[Collected data entries]
══════

-- ===== src/Engine.antt =====
-- One cycle of the auto-mitigation engine (src/control_plane/main.go: cpuStats,
-- calculateCPUUsage, startAutoMitigation), which joins the readings, the state machine, the
-- limits, the two sweeps and what is told of them.
pub mod Usage
pub mod Cycles
pub mod Blocks
pub mod Rules
pub mod Saved
pub mod Limits
pub mod Released
use shield_core.Prelude.{
  ℕ, zero, suc, ◌+◌, ◌-◌, ◌^◌, Bool, true, false, Option, none, some, List, [], ◌∷◌, ◌++◌, Text,
  bytes, text_eq, ltb, leb, ◌==◌, if◌then◌else◌,
}
use shield_core.Float.{Float64}
use shield_core.Kernel.{Kernel}
use shield_core.Maps.{MapManager, MapError}
use shield_core.Maps.Targets.{remove_blacklist_target}
use shield_core.Maps.Config.{update_rate_limits}
use shield_core.Maps.Cidr.{get_blacklist_count}
use shield_core.Maps.Scan.{u64, age, scan_and_mitigate, clean_expired_blacklist}
use shield_core.Maps.Health.{get_map_health, max_map_usage_of, get_ring_stats, max_ring_pct_of}
use shield_core.Mitigation.Levels.{Readings, Assessment, assess}
use shield_core.Mitigation.Hysteresis.{Fsm, initial, fsm_step}
use shield_core.Mitigation.Policy.{limits, scan_budget, expiry_ttl}
use shield_core.Server.{Server, Event, mitigation, sync_ip, write_event, save_rules_state}

-- The counters of all processors, each uint64; the guest times are part of the others.
pub record CpuStats : Type 0 where
  pub user : ℕ
  pub nice : ℕ
  pub system : ℕ
  pub idle : ℕ
  pub iowait : ℕ
  pub irq : ℕ
  pub softirq : ℕ
  pub steal : ℕ
  pub guest : ℕ
  pub guestnice : ℕ

unfoldable pub idle_of : CpuStats → ℕ
idle_of c = u64 (c.idle + c.iowait)

unfoldable pub non_idle_of : CpuStats → ℕ
non_idle_of c = u64 (c.user + c.nice + c.system + c.irq + c.softirq + c.steal)

-- The busy time and the whole time between two readings; differences wrap.
unfoldable pub cpu_diffs : CpuStats → CpuStats → ℕ × ℕ
unfolding idle_of non_idle_of age
cpu_diffs prev curr =
    let prev_total = u64 (idle_of prev + non_idle_of prev) in
    let curr_total = u64 (idle_of curr + non_idle_of curr) in
    let total_diff = age curr_total prev_total in
    let idle_diff = age (idle_of curr) (idle_of prev) in (age total_diff idle_diff, total_diff)

module _ (F : Float64) where
  unfoldable pub calculate_cpu_usage : CpuStats → CpuStats → F.Carrier
  unfolding cpu_diffs
  calculate_cpu_usage prev curr =
      let (busy, total) = cpu_diffs prev curr in
      if total == 0 then F.lit 0 1 else F.mul (F.div (F.of_u64 busy) (F.of_u64 total)) (F.lit 100 1)

  -- The share of the packets that were dropped, of 100 packets or more.
  unfoldable pub drop_ratio : ℕ × ℕ → ℕ × ℕ → F.Carrier
  unfolding age
  drop_ratio prev curr =
      let delta_drops = age curr.0 prev.0 in
      let delta_pkts = age curr.1 prev.1 in
      let both = u64 (delta_drops + delta_pkts) in
      if leb 100 both then F.div (F.of_u64 delta_drops) (F.of_u64 both) else F.lit 0 1

  -- What the machine's files say in a cycle: none where they cannot be read. The queue counts
  -- dropped packets and packets.
  pub record Machine : Type 0 where
    pub cpu : Option CpuStats
    pub ram : Option F.Carrier
    pub queue : Option (ℕ × ℕ)

-- The variables of the loop.
pub record Engine : Type 0 where
  pub prev_cpu : CpuStats
  pub prev_queue : ℕ × ℕ  -- prevDrops and prevPkts
  pub warmup_cycles : ℕ
  pub fsm : Fsm

unfoldable pub or_else : {A : Type 0} → A → Option A → A
or_else a none = a
or_else a (some b) = b

unfoldable pub zero_cpu : CpuStats
zero_cpu = record {
  user = 0;
  nice = 0;
  system = 0;
  idle = 0;
  iowait = 0;
  irq = 0;
  softirq = 0;
  steal = 0;
  guest = 0;
  guestnice = 0;
}

-- The variables before the loop.
unfoldable pub start_engine : Option CpuStats → Option (ℕ × ℕ) → Engine
unfolding or_else zero_cpu initial
start_engine cpu queue = record {
  prev_cpu = or_else zero_cpu cpu;
  prev_queue = or_else (0, 0) queue;
  warmup_cycles = 3;
  fsm = initial;
}

module _ (F : Float64) (K : Kernel) (info : Text → Option ℕ) where
  unfoldable pub readings_of : Engine → Machine F → MapManager K → Readings F
  readings_of s machine m = record {
    cpu_percent = elim machine.cpu [
      | none ↦ F.lit 0 1
      | some c ↦ calculate_cpu_usage F s.prev_cpu c
    ];
    ram_percent = or_else (F.lit 0 1) machine.ram;
    queue_drop_ratio = elim machine.queue [
      | none ↦ F.lit 0 1
      | some q ↦ drop_ratio F s.prev_queue q
    ];
    max_map_usage = max_map_usage_of F (get_map_health F K info m);
    max_ring_pct = max_ring_pct_of (get_ring_stats K m);
  }

-- The variables after the readings and the state machine.
unfoldable pub advance : Option CpuStats → Option (ℕ × ℕ) → Assessment → Engine → Engine
advance cpu queue a s = record s {
  prev_cpu = or_else s.prev_cpu cpu;
  prev_queue = or_else s.prev_queue queue;
  fsm = fsm_step s.fsm a;
}

-- `strings.HasSuffix(ip, "/32")` and `TrimSuffix`: the text before the suffix.
unfoldable pub before_32 : Text → Option Text
before_32 [] = none
before_32 (c ∷ t) =
    let rest = before_32 t in
    if text_eq (c ∷ t) (bytes "/32")
    then some []
    else elim rest [ none ↦ none | some u ↦ some (c ∷ u) ]

module _ (K : Kernel) where
  unfoldable pub tell_blocked : ℕ → List Text → Server K → Server K
  tell_blocked pps [] w = w
  tell_blocked pps (ip ∷ ips) w =
      let told = write_event K (sync_ip (bytes "blacklist") (bytes "POST") ip) w in
      let line =
        mitigation (bytes "mitigation_block") ip (bytes "Traffic threshold exceeded") pps in
      tell_blocked pps ips (write_event K line told)

  unfoldable pub drop_target : Text → MapManager K → MapManager K
  drop_target ip m =
      let once = remove_blacklist_target K m ip in
      elim (before_32 ip) [ none ↦ once | some host ↦ remove_blacklist_target K once host ]

  unfoldable pub tell_expired : List Text → MapManager K → Server K → MapManager K × Server K
  tell_expired [] m w = (m, w)
  tell_expired (ip ∷ ips) m w =
      let line = mitigation (bytes "auto_unblock") ip (bytes "Blacklist TTL expired") 0 in
      let told = write_event K line w in
      tell_expired ips (drop_target ip m)
        (write_event K (sync_ip (bytes "blacklist") (bytes "DELETE") ip) told)

  -- What follows the clean-up: nothing on an error or where nothing expired.
  unfoldable pub after_clean : MapManager K → List Text → Option MapError → Server K → Server K
  after_clean m out (some e) w = record w { map_mgr = some m }
  after_clean m [] none w = record w { map_mgr = some m }
  after_clean m (ip ∷ ips) none w =
      let (m', w') = tell_expired (ip ∷ ips) m w in
      save_rules_state K (record w' { map_mgr = some m' })

  -- What follows the scan: an error ends the cycle.
  unfoldable pub after_scan :
      ℕ → ℕ → ℕ → MapManager K → List Text → Option MapError → Server K → Server K
  after_scan now level pps m out (some e) w = record w { map_mgr = some m }
  after_scan now level pps m out none w =
      let ttl = expiry_ttl level (get_blacklist_count K m) in
      let (m', expired, e) = clean_expired_blacklist K now ttl m in
      after_clean m' expired e (tell_blocked pps out w)

module _ (F : Float64) (K : Kernel) (info : Text → Option ℕ) (parse_ipv6 : Text → Option ℕ) where
  -- The part of a cycle that acts on the maps, at the level that the state machine has set.
  unfoldable pub enforce : ℕ → ℕ → F.Carrier → MapManager K → Server K → Server K
  enforce now level cpu_percent m w =
      let l = limits level in
      let m1 = (update_rate_limits K m l.pps_threshold l.bps_threshold).0 in
      let (m2, blocked, e) =
        scan_and_mitigate K parse_ipv6 now l.pps_threshold l.bps_threshold
          (scan_budget F level cpu_percent) m1 in
      after_scan K now level l.pps_threshold m2 blocked e w

  unfoldable pub cycle : ℕ → Machine F → Engine → MapManager K → Server K → Engine × Server K
  cycle now machine s m w =
      let r = readings_of F K info s machine m in
      let s' = advance machine.cpu machine.queue (assess F r) s in
      (s', enforce now s'.fsm.current_level r.cpu_percent m w)

  -- A tick: without a manager nothing, then the cycles of the warm-up, then whole cycles.
  unfoldable pub tick : ℕ → Machine F → Engine × Server K → Engine × Server K
  tick now machine (s, w) = elim w.map_mgr [
    | none ↦ (s, w)
    | some m ↦
        if ltb 0 s.warmup_cycles
        then (
          record s {
            warmup_cycles = s.warmup_cycles - 1;
            prev_queue = or_else s.prev_queue machine.queue;
          },
          w,
        )
        else cycle now machine s m w
  ]

  unfoldable pub run_ticks : List (ℕ × Machine F) → Engine × Server K → Engine × Server K
  run_ticks [] s = s
  run_ticks (t ∷ ts) s = run_ticks ts (tick t.0 t.1 s)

══════

* [What the task requires] Could you repeat exactly the lines above from the line with "-- The share" up to and including the line with "-- What the", and only those?

* [Completed exercise]
  -- The share of the packets that were dropped, of 100 packets or more.
  unfoldable pub drop_ratio : ℕ × ℕ → ℕ × ℕ → F.Carrier
  unfolding age
  drop_ratio prev curr =
      let delta_drops = age curr.0 prev.0 in
      let delta_pkts = age curr.1 prev.1 in
      let both = u64 (delta_drops + delta_pkts) in
      if leb 100 both then F.div (F.of_u64 delta_drops) (F.of_u64 both) else F.lit 0 1

  -- What the machine's files say in a cycle: none where they cannot be read. The queue counts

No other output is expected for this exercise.